Page 52

Story: You Like It Darker

Danny doesn’t know what his next stop will be—maybe Denver, maybe Longmont, maybe Arvada—but after nearly three years in Oak Grove, his two small suitcases won’t be enough for the belongings he means to take.

He decides to go to Manitou Fine Liquors and see if he can get some empty boxes for his clothes.

They might not know his face there because even in his drinking days he stuck mostly to beer.

He opens his trailer door shortly after noon and stops on the top step.

Darla Jean Richardson has set up her dollhouse on the asphalt in the shade of the Oak Grove office building.

It’s a big one, damn near a mansion.

Carrying it from her trailer must have been a chore.

Becky ordered it from Amazon for DJ’s seventh birthday, then threw up her hands in despair when she realized it had to be assembled.

Danny put it together with DJ handing him the various components, both of them singing along with the radio.

That was a good day.

She’s nine now, and he hasn’t seen Marigold’s DreemHouse for almost a year.

He supposes she plays with it in her bedroom.

Or has outgrown it.

But if she lugged it all the way out here from her trailer, it can only have been for one reason.

“Hey, DJ, what do you say?”

That’s always been good for a smile, but not today.

She gives him a solemn look.

“She’s gone, if that’s why you were staying inside.”

Danny doesn’t have to ask who DJ’s talking about.

Ella Davis was in the park earlier, knocking on doors and talking to anyone who was home.

He expected her to make a visit to his trailer, but she never did; just took off her Covid mask and left.

“Where’s your mom?”

“She hadda take Marielle’s shift at the diner.

Marielle’s got impetigo.” DJ says the word very carefully, syllable by syllable.

“She said I could stay on my own and she’d bring me back a slice of cake.

I don’t want cake, I don’t care if I ever have cake again.

She told me I couldn’t knock on your door, so I came here.

So I’d see you when you came out.”

Danny goes down the steps, walks half the distance to DJ, then stops.

The dollhouse is open on its hinges and he can see Barbie and Ken inside, sitting at the kitchen table.

Barbie sits with her legs stuck awkwardly out because her knees don’t bend very well.

There was a time when DJ and Danny discussed this, and other unrealistic attributes of various dolls—plastic skin, creepy hair—at some length.

“Why are you just standing there?” DJ asks.

Because he can feel eyes, of course.

The accused killer and the defenseless little girl.

Most people are at work, but some are at home—the ones Inspector Davis talked to—and they will be watching.

Maybe he shouldn’t care, but he does.

Before he can think of a reply, she says, “Ma ast if you ever molested me.

I know what that means, it means stranger danger, and I said Danny would never molest me because he’s my friend.”

Darla Jean starts to cry.

“DJ, Jesus, don’t—”

“You didn’t kill that girl.

Did you.” Not a question.

Fuck the watchers.

He goes to where she’s sitting and squats down beside her.

“No.

They think I did because I had a dream of where she was buried, but I didn’t kill her.”

DJ swipes an arm across her eyes.

“Ma says I can’t come over your trailer anymore and you can’t pick me up at school anymore.

She says they’ll either arrest you or you’ll go away.

Are they going to arrest you?”

“They can’t because I didn’t do anything wrong.”

“Are you going away?”

“I have to.

I don’t have a job and most people don’t want me here anymore.”

“I want you!

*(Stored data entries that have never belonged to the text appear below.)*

-- ===== src/Proc/CommonJob/Loop/Bounds.antt =====
-- The bounds of the restart loop's counters, over every sequence of rounds.
use mittnite.Prelude.{
  ◌≤◌, ◌≡◌, refl, subst, ◌⊎◌, Bool, true, Option, none, some, List, arith, Bool-cases, inl, inr,
}
use mittnite.Config.{JobConfig}
use mittnite.Proc.BackOff.{second, max_back_off}
use mittnite.Proc.BackOff.Laws.{calculate_next_back_off_bounds}
use mittnite.Proc.BaseJob.StartOnce.{
  RunError, exits, fails, will_be_restarted, will_be_stopped, stopped_intentionally,
}
use mittnite.Proc.CommonJob.{CommonJob}
use mittnite.Proc.CommonJob.Loop.Invariant.{run_loop-keeps}
use mittnite.Proc.CommonJob.Loop.QuickFailure.{attempts_left}
use mittnite.Proc.CommonJob.Loop.{
  Round, LoopState, Progress, running, returned, give_up, try_again, count_attempt, has_attempts,
  retry, handle_result, after_run, run_round, initial, run,
}

record WaitsWithin (c : JobConfig) (s : LoopState) : Type 0 where
  config : s.job.config ≡ c
  lower : second ≤ s.back_off
  upper : s.back_off ≤ max_back_off

-- The configuration is the job's, the next wait is between one second and 300, and where attempts
-- were counted, `maxAttempts` allows one more.
pub record Bounded (c : JobConfig) (s : LoopState) : Type 0 where
  pub config : s.job.config ≡ c
  pub lower : second ≤ s.back_off
  pub upper : s.back_off ≤ max_back_off
  pub attempts : (s.attempts ≡ 0) ⊎ (attempts_left c s.attempts ≡ true)

abbrev Post : JobConfig → Progress → Type 0
Post c (running s) = Bounded c s
Post c (returned s e) = Unit

count_attempt-WaitsWithin :
    (c : JobConfig) (s : LoopState) (r : Round) → Bounded c s → WaitsWithin c (count_attempt s r)
unfolding count_attempt
count_attempt-WaitsWithin c s r b = ground (arith, b.config, b.lower, b.upper)

try_again-Bounded :
    (c : JobConfig) (s : LoopState) (r : Round)
    → WaitsWithin c s
    → has_attempts s ≡ true
    → Bounded c (try_again s r)
unfolding try_again has_attempts
try_again-Bounded c s r w more =
    let (lo, hi, _) = calculate_next_back_off_bounds s.back_off w.lower w.upper in
    record {
      config = w.config;
      lower = lo;
      upper = hi;
      attempts = inr (subst (λ d. attempts_left d s.attempts ≡ true) w.config more);
    }

give_up-Post :
    (c : JobConfig) (s : LoopState) (r : Round) (e : Option RunError) → Post c (give_up s r e)
unfolding give_up
give_up-Post c s r e = elim (Bool-cases s.job.config.can_fail) [
  | inl may ↦ simp may tt
  | inr must ↦ simp must tt
]

retry-Post :
    (c : JobConfig) (s : LoopState) (r : Round) (e : Option RunError)
    → Bounded c s
    → Post c (retry s r e)
unfolding retry
retry-Post c s r e b = elim (Bool-cases (has_attempts (count_attempt s r))) [
  | inl more ↦
      rw more (try_again-Bounded c (count_attempt s r) r (count_attempt-WaitsWithin c s r b) more)
  | inr over ↦ rw over (give_up-Post c (count_attempt s r) r e)
]

handle_result-Post :
    (c : JobConfig) (s : LoopState) (r : Round) (e : Option RunError)
    → Bounded c s
    → Post c (handle_result s r e)
unfolding handle_result
handle_result-Post c s r none b = elim (Bool-cases s.job.config.one_time) [
  | inl once ↦ simp once tt
  | inr again ↦ simp again (retry-Post c s r none b)
]
handle_result-Post c s r (some will_be_restarted) b = b
handle_result-Post c s r (some will_be_stopped) b = tt
handle_result-Post c s r (some stopped_intentionally) b = tt
handle_result-Post c s r (some (exits e)) b = retry-Post c s r (some (exits e)) b
handle_result-Post c s r (some (fails e)) b = retry-Post c s r (some (fails e)) b

run_round-Post : (c : JobConfig) (s : LoopState) (r : Round) → Bounded c s → Post c (run_round s r)
unfolding run_round after_run
run_round-Post c s r b = elim (Bool-cases r.shutdown) [
  | inl down ↦ simp down tt
  | inr up ↦ simp up (
      handle_result-Post c _ r _
        (record { config = b.config; lower = b.lower; upper = b.upper; attempts = b.attempts }))
]

run-Post :
    (job : CommonJob) (cancelled : Bool) (rs : List Round) → Post job.config (run job cancelled rs)
unfolding run
run-Post job cancelled rs = elim (Bool-cases job.stop) [
  | inl stop ↦ simp stop tt
  | inr go ↦ simp go (
      run_loop-keeps (Post job.config) (λ s b. tt) (run_round-Post job.config) rs
        (initial job cancelled)
        (record { config = refl; lower = omega arith; upper = omega arith; attempts = inl refl }))
]

-- Whatever the rounds are, while `Run` has not returned, the next wait is between one second and
-- 300 seconds, and where attempts were counted since the last long run, `maxAttempts` is -1 or
-- larger than their number.
pub run-Bounded :
    (job : CommonJob) (cancelled : Bool) (rs : List Round) (t : LoopState)
    → run job cancelled rs ≡ running t
    → Bounded job.config t
run-Bounded job cancelled rs t eq = subst (Post job.config) eq (run-Post job cancelled rs)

What if Ma decides she wants Bobby for a boyfriend again? He can’t fix the car if it busts! I hate him, he sent me to my room once without my supper and Ma didn’t stop him!”

She begins to sob, and double fuck the watchers, Danny puts an arm around her and pulls her to him.

Her face against his shirt is hot and wet but okay.

More than okay.

“She won’t have Bob back,” he says.

“She knows better.”

He has no idea if this is true, but hopes it is.

He’s never met his predecessor, for all Danny knows he could be a skinny bespectacled accountant who gets a kick out of sending little girls to their rooms, but he imagines a big hulk with a crewcut and lots of tattoos.

Someone a little girl could really be scared of.

“Take me with you,” DJ says against his shirt.

Danny laughs and gives her dark blond hair a scruff.

“Then they’d arrest me for sure.”

She looks up at him and gives him a tentative smile.

That’s when Althea Dumfries comes out of her trailer.

“Let loose of that child!” she shouts.

“Let loose of that child this minute or I’m calling the police!”

DJ shoots to her feet, tears still streaming down her face.

“Go fuck yourself! GO FUCK YOURSELF, YOU FAT BITCH!”

Danny is horrified but also admiring.

And even though he’s sure Darla Jean just bought herself a whole boatload of trouble, he can’t help thinking that he couldn’t have said it better himself.